According to the present invention, any one selected from the above-mentioned release adhesives is applied to one major surface of any one selected from the above-mentioned release support base sheet materials and the above-mentioned fibers are releasably flocked to the adhesive-applied surface of the release support base sheet to provide a releasably flocked fiber base. Thereafter, a colouring or printing is performed on the entire or at a selected area of the fiber-flocked surface of the release support base sheet in a desired design or pattern by means of a printing screen or the like, a thermoplastic and pressure-sensitive synthetic resin is applied to the coloured or printed surface or surface area of the release support base sheet to form a layer of such resin thereon and hot melt resin in the form of particles or pellets is then sprinkled over the synthetic resin layer to provide a complete transferable flocked fiber design or sticker material.
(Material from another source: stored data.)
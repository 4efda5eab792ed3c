-- ===== src/Ipc/Wire.antt =====
-- What `send` puts on the stream and what `receive` takes off it.
use action_learning_p2p_vers.Prelude.{
  ℕ, zero, suc, ◌-◌, ◌≤◌, ◌<◌, ◌≡◌, refl, sym, ap, ◌∙◌, ◌≢◌, Bool, true, false, [], ◌∷◌, ◌++◌,
  arith, ltb, inl, inr, Bool-cases, length, take, drop, length-append, take-append-drop, append-nil,
  append_assoc,
}
use action_learning_p2p_vers.Prelude.Int.{ℤ}
use action_learning_p2p_vers.Prelude.Text.{Text}
use action_learning_p2p_vers.Sockets.{
  Net, IsStream, ReadLaw, WriteLaw, ReadResult, got, WriteResult, wrote,
}
use action_learning_p2p_vers.Ipc.Client.{
  Reading, full, read_timeout, read_error, end_of_file, out_of_fuel, Partial, after_write,
  write_all, after_header, after_read, read_exact,
}

module _ (n : Net) (s : IsStream n) (fd : ℤ) where
  open s use {incoming, outgoing, read_law, write_law}

  -- A front part has gone out, and all of it where the result is true.
  pub record Written (pending : Text) (w : n.World) (r : Bool × n.World) : Type 0 where
    pub sent : Text
    pub left : Text
    pub split : pending ≡ sent ++ left
    pub out : outgoing fd r.1 ≡ outgoing fd w ++ sent
    pub whole : r.0 ≡ true → left ≡ []

  nothing_out :
      (pending : Text) (w w' : n.World)
      → outgoing fd w' ≡ outgoing fd w
      → Written pending w (false, w')
  nothing_out pending w w' same = record {
    sent = [];
    left = pending;
    split = refl;
    out = same ∙ sym (append-nil _);
    whole = λ h. cc;
  }

  some_out :
      (pending : Text) (k : ℕ) (w w' : n.World) (r : Bool × n.World)
      → outgoing fd w' ≡ outgoing fd w ++ take k pending
      → Written (drop k pending) w' r
      → Written pending w r
  some_out pending k w w' r went g = record {
    sent = take k pending ++ g.sent;
    left = g.left;
    split =
        sym (take-append-drop k pending)
        ∙ ap (◌++◌ (take k pending)) g.split
        ∙ sym (append_assoc (take k pending) g.sent g.left);
    out = g.out ∙ ap (λ x. x ++ g.sent) went ∙ append_assoc (outgoing fd w) (take k pending) g.sent;
    whole = g.whole;
  }

  after_write-Written :
      (b : ℕ) (bytes : Text) (w : n.World) (more : Text → n.World → Bool × n.World)
      (r : WriteResult × n.World)
      → WriteLaw (b ∷ bytes) (outgoing fd w) (outgoing fd r.1) r.0
      → ((left : Text) (w' : n.World) → Written left w' (more left w'))
      → Written (b ∷ bytes) w (after_write n more (b ∷ bytes) r)
  unfolding after_write
  after_write-Written b bytes w more (wrote zero, w') law rest =
      nothing_out (b ∷ bytes) w w' (law.1 ∙ append-nil _)
  after_write-Written b bytes w more (wrote (suc k), w') law rest =
      some_out (b ∷ bytes) (suc k) w w' _ law.1 (rest (drop (suc k) (b ∷ bytes)) w')
  after_write-Written b bytes w more (WriteResult.timed_out, w') law rest =
      nothing_out (b ∷ bytes) w w' law
  after_write-Written b bytes w more (WriteResult.failed, w') law rest =
      nothing_out (b ∷ bytes) w w' law

  pub write_all-Written :
      (fuel : ℕ) (pending : Text) (w : n.World) → Written pending w (write_all n fuel fd pending w)
  unfolding write_all
  write_all-Written fuel [] w = record {
    sent = [];
    left = [];
    split = refl;
    out = sym (append-nil _);
    whole = λ _. refl;
  }
  write_all-Written zero (b ∷ bytes) w = nothing_out (b ∷ bytes) w w refl
  write_all-Written (suc fuel) (b ∷ bytes) w =
      after_write-Written b bytes w (write_all n fuel fd) (n.write fd (b ∷ bytes) w)
        (write_law fd (b ∷ bytes) w) (write_all-Written fuel)

  pub header-Written :
      (header payload : Text) (w : n.World) (r : Bool × n.World)
      → Written header w r
      → Written (header ++ payload) w (after_header n fd payload r)
  unfolding after_header
  header-Written header payload w (false, w') g = record {
    sent = g.sent;
    left = g.left ++ payload;
    split = ap (λ x. x ++ payload) g.split ∙ append_assoc g.sent g.left payload;
    out = g.out;
    whole = λ h. cc;
  }
  header-Written header payload w (true, w') g =
      let h = write_all-Written (length payload) payload w' in
      let all : header ≡ g.sent = g.split ∙ ap (◌++◌ g.sent) (g.whole refl) ∙ append-nil g.sent in
      record {
        sent = header ++ h.sent;
        left = h.left;
        split = ap (◌++◌ header) h.split ∙ sym (append_assoc header h.sent h.left);
        out =
            h.out
            ∙ ap (λ x. x ++ h.sent) (g.out ∙ ap (◌++◌ (outgoing fd w)) (sym all))
            ∙ append_assoc (outgoing fd w) header h.sent;
        whole = h.whole;
      }

  -- The bytes that are there have grown by what has come off the stream.
  pub record Gathered (size : ℕ) (have : Text) (w : n.World) (r : Partial n) : Type 0 where
    pub taken : Text
    pub grown : r.1 ≡ have ++ taken
    pub stream : incoming fd w ≡ taken ++ incoming fd r.2
    pub within : length r.1 ≤ size
    pub exact : r.0 ≡ full → length r.1 ≡ size
    pub short : r.0 ≢ full → length r.1 < size
    pub ends : r.0 ≢ out_of_fuel

  stops :
      (size : ℕ) (have : Text) (w w' : n.World) (why : Reading)
      → length have < size
      → incoming fd w' ≡ incoming fd w
      → why ≢ full
      → why ≢ out_of_fuel
      → Gathered size have w (why, have, w')
  stops size have w w' why lt same early fuelled = record {
    taken = [];
    grown = sym (append-nil have);
    stream = sym same;
    within = omega arith;
    exact = λ h. absurd (early h);
    short = λ _. lt;
    ends = fuelled;
  }

  grows :
      (size : ℕ) (have bytes : Text) (w w' : n.World) (r : Partial n)
      → incoming fd w ≡ bytes ++ incoming fd w'
      → Gathered size (have ++ bytes) w' r
      → Gathered size have w r
  grows size have bytes w w' r before g = record {
    taken = bytes ++ g.taken;
    grown = g.grown ∙ append_assoc have bytes g.taken;
    stream = before ∙ ap (◌++◌ bytes) g.stream ∙ sym (append_assoc bytes g.taken _);
    within = g.within;
    exact = g.exact;
    short = g.short;
    ends = g.ends;
  }

  after_read-Gathered :
      (size fuel : ℕ) (have : Text) (w : n.World) (more : Text → n.World → Partial n)
      (r : ReadResult × n.World)
      → length have < size
      → size - length have ≤ suc fuel
      → ReadLaw (size - length have) (incoming fd w) (incoming fd r.1) r.0
      → ((have' : Text) (w' : n.World)
          → length have' ≤ size
          → size - length have' ≤ fuel
          → Gathered size have' w' (more have' w'))
      → Gathered size have w (after_read n have more r)
  unfolding after_read
  after_read-Gathered size fuel have w more (got [], w') lt enough law rest =
      stops size have w w' end_of_file lt (sym law.1) (λ h. cc) (λ h. cc)
  after_read-Gathered size fuel have w more (got (b ∷ bytes), w') lt enough law rest =
      grows size have (b ∷ bytes) w w' _ law.1 (
        rest (have ++ (b ∷ bytes)) w' (omega (arith, length-append have (b ∷ bytes)))
          (omega (arith, length-append have (b ∷ bytes))))
  after_read-Gathered size fuel have w more (ReadResult.timed_out, w') lt enough law rest =
      stops size have w w' read_timeout lt law (λ h. cc) (λ h. cc)
  after_read-Gathered size fuel have w more (ReadResult.failed, w') lt enough law rest =
      stops size have w w' read_error lt law (λ h. cc) (λ h. cc)

  has_all :
      (size : ℕ) (have : Text) (w : n.World)
      → length have ≤ size
      → ltb (length have) size ≡ false
      → Gathered size have w (full, have, w)
  has_all size have w le done = record {
    taken = [];
    grown = sym (append-nil have);
    stream = refl;
    within = le;
    exact = λ _. ground arith;
    short = λ h. absurd (h refl);
    ends = λ h. cc;
  }

  pub read_exact-Gathered :
      (fuel size : ℕ) (have : Text) (w : n.World)
      → length have ≤ size
      → size - length have ≤ fuel
      → Gathered size have w (read_exact n fuel fd size have w)
  unfolding read_exact
  read_exact-Gathered zero size have w le enough =
      let done : ltb (length have) size ≡ false = ground arith in
      rw done (has_all size have w le done)
  read_exact-Gathered (suc fuel) size have w le enough =
      elim (Bool-cases (ltb (length have) size)) [
        | inl more ↦ rw more (
            after_read-Gathered size fuel have w (read_exact n fuel fd size)
              (n.read fd (size - length have) w) (ground arith) enough
              (read_law fd (size - length have) w) (read_exact-Gathered fuel size))
        | inr done ↦ rw done (has_all size have w le done)
      ]
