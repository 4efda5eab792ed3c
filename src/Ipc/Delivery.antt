-- ===== src/Ipc/Delivery.antt =====
-- `receive` on a stream that delivers: a framed message comes out as it went in, and one that is too
-- long is left on the stream.
use action_learning_p2p_vers.Prelude.{
  ℕ, zero, suc, ◌-◌, ◌≤◌, ◌<◌, ◌^◌, ◌≡◌, refl, sym, ap, subst, ◌∙◌, true, false, ◌||◌, [], ◌∷◌,
  ◌++◌, none, some, arith, ltb, ◌==◌, inl, inr, Bool-cases, length, length-append, append_assoc,
  append_cut,
}
use action_learning_p2p_vers.Prelude.Int.{is_negative}
use action_learning_p2p_vers.Prelude.Text.{Text}
use action_learning_p2p_vers.Sockets.{Net, IsStream, Delivers, ReadLaw, ReadResult, got}
use action_learning_p2p_vers.Ipc.Frame.{htonl, ntohl-htonl, frame, frame_exact}
use action_learning_p2p_vers.Ipc.Client.{
  Client, full, read_timeout, Partial, max_message, after_read, read_exact, after_body, read_body,
  after_length, receive,
}
use action_learning_p2p_vers.Ipc.Wire.{Gathered, read_exact-Gathered}

module _ (n : Net) (s : IsStream n) (c : Client) where
  open s use {incoming, read_law}
  open c use {socket_fd}

  after_read_full :
      (size fuel : ℕ) (have : Text) (w : n.World) (more : Text → n.World → Partial n)
      (r : ReadResult × n.World) (b : ℕ) (bytes : Text)
      → r.0 ≡ got (b ∷ bytes)
      → length have < size
      → size - length have ≤ suc fuel
      → size - length have ≤ length (incoming socket_fd w)
      → ReadLaw (size - length have) (incoming socket_fd w) (incoming socket_fd r.1) r.0
      → ((have' : Text) (w' : n.World)
          → length have' ≤ size
          → size - length have' ≤ fuel
          → size - length have' ≤ length (incoming socket_fd w')
          → (more have' w').0 ≡ full)
      → (after_read n have more r).0 ≡ full
  unfolding after_read
  after_read_full size fuel have w more (got [], w') b bytes e lt enough held law rest = cc
  after_read_full size fuel have w more (ReadResult.timed_out, w') b bytes e lt enough held law
        rest =
      cc
  after_read_full size fuel have w more (ReadResult.failed, w') b bytes e lt enough held law rest =
      cc
  after_read_full size fuel have w more (got (x ∷ xs), w') b bytes e lt enough held law rest =
      let grown = length-append have (x ∷ xs) in
      let before = ap length law.1 ∙ length-append (x ∷ xs) (incoming socket_fd w') in
      rest (have ++ (x ∷ xs)) w' (omega (arith, grown)) (omega (arith, grown))
        (omega (arith, grown, before))

  read_exact_full :
      (fuel size : ℕ) (have : Text) (w : n.World)
      → Delivers n s socket_fd
      → length have ≤ size
      → size - length have ≤ fuel
      → size - length have ≤ length (incoming socket_fd w)
      → (read_exact n fuel socket_fd size have w).0 ≡ full
  unfolding read_exact
  read_exact_full zero size have w d le enough held =
      let done : ltb (length have) size ≡ false = ground arith in rw done
  read_exact_full (suc fuel) size have w d le enough held =
      elim (Bool-cases (ltb (length have) size)) [
        | inr done ↦ rw done
        | inl more ↦
            let (b, bytes, e) = d (size - length have) w (ground arith) (ground arith) in
            rw more (
              after_read_full size fuel have w (read_exact n fuel socket_fd size)
                (n.read socket_fd (size - length have) w) b bytes e (ground arith) enough held
                (read_law socket_fd (size - length have) w)
                (λ have' w' le' enough' held'.
                  read_exact_full fuel size have' w' d le' enough' held'))
      ]

  front_of :
      (front back : Text) (w : n.World) (r : Partial n)
      → incoming socket_fd w ≡ front ++ back
      → r.0 ≡ full
      → Gathered n s socket_fd (length front) [] w r
      → (w' : n.World) × (r ≡ (full, front, w')) × (incoming socket_fd w' ≡ back)
  front_of front back w r e all g =
      let cut : (r.1 ≡ front) × (incoming socket_fd r.2 ≡ back) =
        append_cut r.1 (incoming socket_fd r.2) front back (g.exact all)
          (ap (λ x. x ++ incoming socket_fd r.2) g.grown ∙ sym g.stream ∙ e) in
      (r.2, (λ i. (all i, cut.0 i, r.2)), cut.1)

  -- Reading as many bytes as a front part of the stream has gives that part.
  pub read_front :
      (front back : Text) (w : n.World)
      → Delivers n s socket_fd
      → incoming socket_fd w ≡ front ++ back
      → (w' : n.World) × (read_exact n (length front) socket_fd (length front) [] w
          ≡ (full, front, w'))
        × (incoming socket_fd w' ≡ back)
  read_front front back w d e =
      front_of front back w (read_exact n (length front) socket_fd (length front) [] w) e
        (read_exact_full (length front) (length front) [] w d (omega arith) (omega arith)
          (omega (arith, ap length e, length-append front back)))
        (read_exact-Gathered n s socket_fd (length front) (length front) [] w (omega arith)
          (omega arith))

  -- The four bytes of the length come first.
  read_length :
      (message rest : Text) (w : n.World)
      → Delivers n s socket_fd
      → length message < 2 ^ 32
      → incoming socket_fd w ≡ frame message ++ rest
      → (w' : n.World) × (read_exact n 4 socket_fd 4 [] w ≡ (full, htonl (length message), w'))
        × (incoming socket_fd w' ≡ message ++ rest)
  unfolding htonl
  read_length message rest w d lt e = read_front (htonl (length message)) (message ++ rest) w d (
      e
      ∙ ap (λ x. x ++ rest) (frame_exact message lt)
      ∙ append_assoc (htonl (length message)) message rest)

  received :
      (message rest : Text) (w w1 : n.World)
      → Delivers n s socket_fd
      → 0 < length message
      → length message ≤ max_message
      → incoming socket_fd w1 ≡ message ++ rest
      → (w' : n.World) × (after_length n c (full, htonl (length message), w1)
          ≡ (some message, c, w'))
        × (incoming socket_fd w' ≡ rest)
  unfolding after_length read_body after_body
  received message rest w w1 d lt le held =
      let (w', body, left) = read_front message rest w1 d held in
      let fits : (length message == 0 || ltb max_message (length message)) ≡ false = ground arith in
      (w', rw (ntohl-htonl (length message) (omega arith), fits, body) refl, left)

  -- On a connected client and a stream that delivers, the frame of a message of 1 to 1048576 bytes
  -- is received as that message, and what follows the frame stays on the stream.
  pub receive_framed :
      (message rest : Text) (w : n.World)
      → Delivers n s socket_fd
      → is_negative socket_fd ≡ false
      → 0 < length message
      → length message ≤ max_message
      → incoming socket_fd w ≡ frame message ++ rest
      → (w' : n.World) × (receive n c w ≡ (some message, c, w')) × (incoming socket_fd w' ≡ rest)
  unfolding receive
  receive_framed message rest w d open_fd lt le e =
      let (w1, header, held) = read_length message rest w d (omega arith) e in
      rw (open_fd, header) (received message rest w w1 d lt le held)

  -- On a connected client and a stream that delivers, the frame of a longer message, that `send`
  -- does not refuse, is not received, and its header is consumed: the message itself stays on the
  -- stream, of a client that is still connected.
  pub receive_oversized :
      (message rest : Text) (w : n.World)
      → Delivers n s socket_fd
      → is_negative socket_fd ≡ false
      → max_message < length message
      → length message < 2 ^ 32
      → incoming socket_fd w ≡ frame message ++ rest
      → (w' : n.World) × (receive n c w ≡ (none, c, w')) × (incoming socket_fd w' ≡ message ++ rest)
  unfolding receive after_length read_body
  receive_oversized message rest w d open_fd gt lt e =
      let (w1, header, held) = read_length message rest w d lt e in
      let long : (length message == 0 || ltb max_message (length message)) ≡ true = ground arith in
      (w1, rw (open_fd, header, ntohl-htonl (length message) lt, long) refl, held)

  -- Where the time for the header is up, `receive` fails with the connection as it was, and the
  -- bytes of the header that had come, 3 at most, are off the stream and nowhere else.
  pub receive_timeout :
      (header : Text) (w w1 : n.World)
      → is_negative socket_fd ≡ false
      → read_exact n 4 socket_fd 4 [] w ≡ (read_timeout, header, w1)
      → (receive n c w ≡ (none, c, w1))
        × (incoming socket_fd w ≡ header ++ incoming socket_fd w1)
        × (length header < 4)
  unfolding receive after_length
  receive_timeout header w w1 open_fd e =
      let g =
        subst (Gathered n s socket_fd 4 [] w) e
          (read_exact-Gathered n s socket_fd 4 4 [] w (omega arith) (omega arith)) in
      (
        rw (open_fd, e) refl,
        g.stream ∙ ap (λ x. x ++ incoming socket_fd w1) (sym g.grown),
        g.short (λ h. cc),
      )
The above and other objects and attendant advantages of the present invention will be more readily apparent to those skilled in the art from a reading of the following detailed description in conjunction with the accompanying drawings which show one preferred embodiment of the invention for illustration purpose only, but not for limiting the scope of the same in any.
FIG. 1 is a cross-sectional view on an enlarged scale of one prior art transferable flocked fiber design or sticker material;
FIG. 2 is a cross-sectional view of a portion of the transferable flocked fiber design or sticker material as shown in FIG. 1 showing the releasably flocked fiber base thereof;
FIG. 3 is a cross-sectional view on an enlarged scale of another prior art transferable flocked fiber design or sticker material;
FIG. 4 is a cross-sectional view on an enlarged scale of a transferable flocked fiber design material having one embodiment of releasably flocked fiber base of the invention incorporated therein; and
FIG. 5 is an explanative view on a further enlarged scale showing the manner in which the release support base sheet is separated from the releasably flocked fibers in the fiber transfer operation.
The present invention will be now described referring to the accompanying drawings and more particularly, to FIGS. 4 and 5 thereof in which a transferable flocked fiber design or sticker material having the releasably flocked fiber base embodying the present invention therein is shown.
According to the present invention, an adhesive selected from the above-mentioned various release adhesives in a liquid state is applied to one major surface of a release support base sheet 5 selected from the above-mentioned release support base sheet materials by a suitable conventional means and then dried by a suitable conventional means to thereby form a release adhesive layer 6 on the release support base sheet 5.
The thus formed release adhesive layer 6 is no longer in the liquid state as applied to the support base sheet 5, but still retains its original viscosity.
After the release adhesive layer 6 has been formed on the one major surface of the release support base sheet 5, a number of individual fibers 7 are releasably flocked to the adhesive applied surface of the support base sheet 5 by a conventional electrostatic flocking device. In the electrostatic flocking operation, since the fibers 7 are charged with static electrons and the release support base sheet 5 having the adhesive layer 6 formed thereon is disposed on the electrode side, the fibers 7 are driven into the adhesive layer 6 on the base sheet 5 at substantially right angles to the plane of the base sheet 5 whereby the fibers 7 are flocked to the adhesive layer 6 in substantially upright position. Since the release adhesive layer 6 has been solidified prior to the flocking of the fibers 7, one of the ends or the lower ends 7a of the fibers 7 (as seen in FIG. 4) will not pierce deeply into the adhesive layer 6, but terminate short of the layer side in contact with the base sheet 5.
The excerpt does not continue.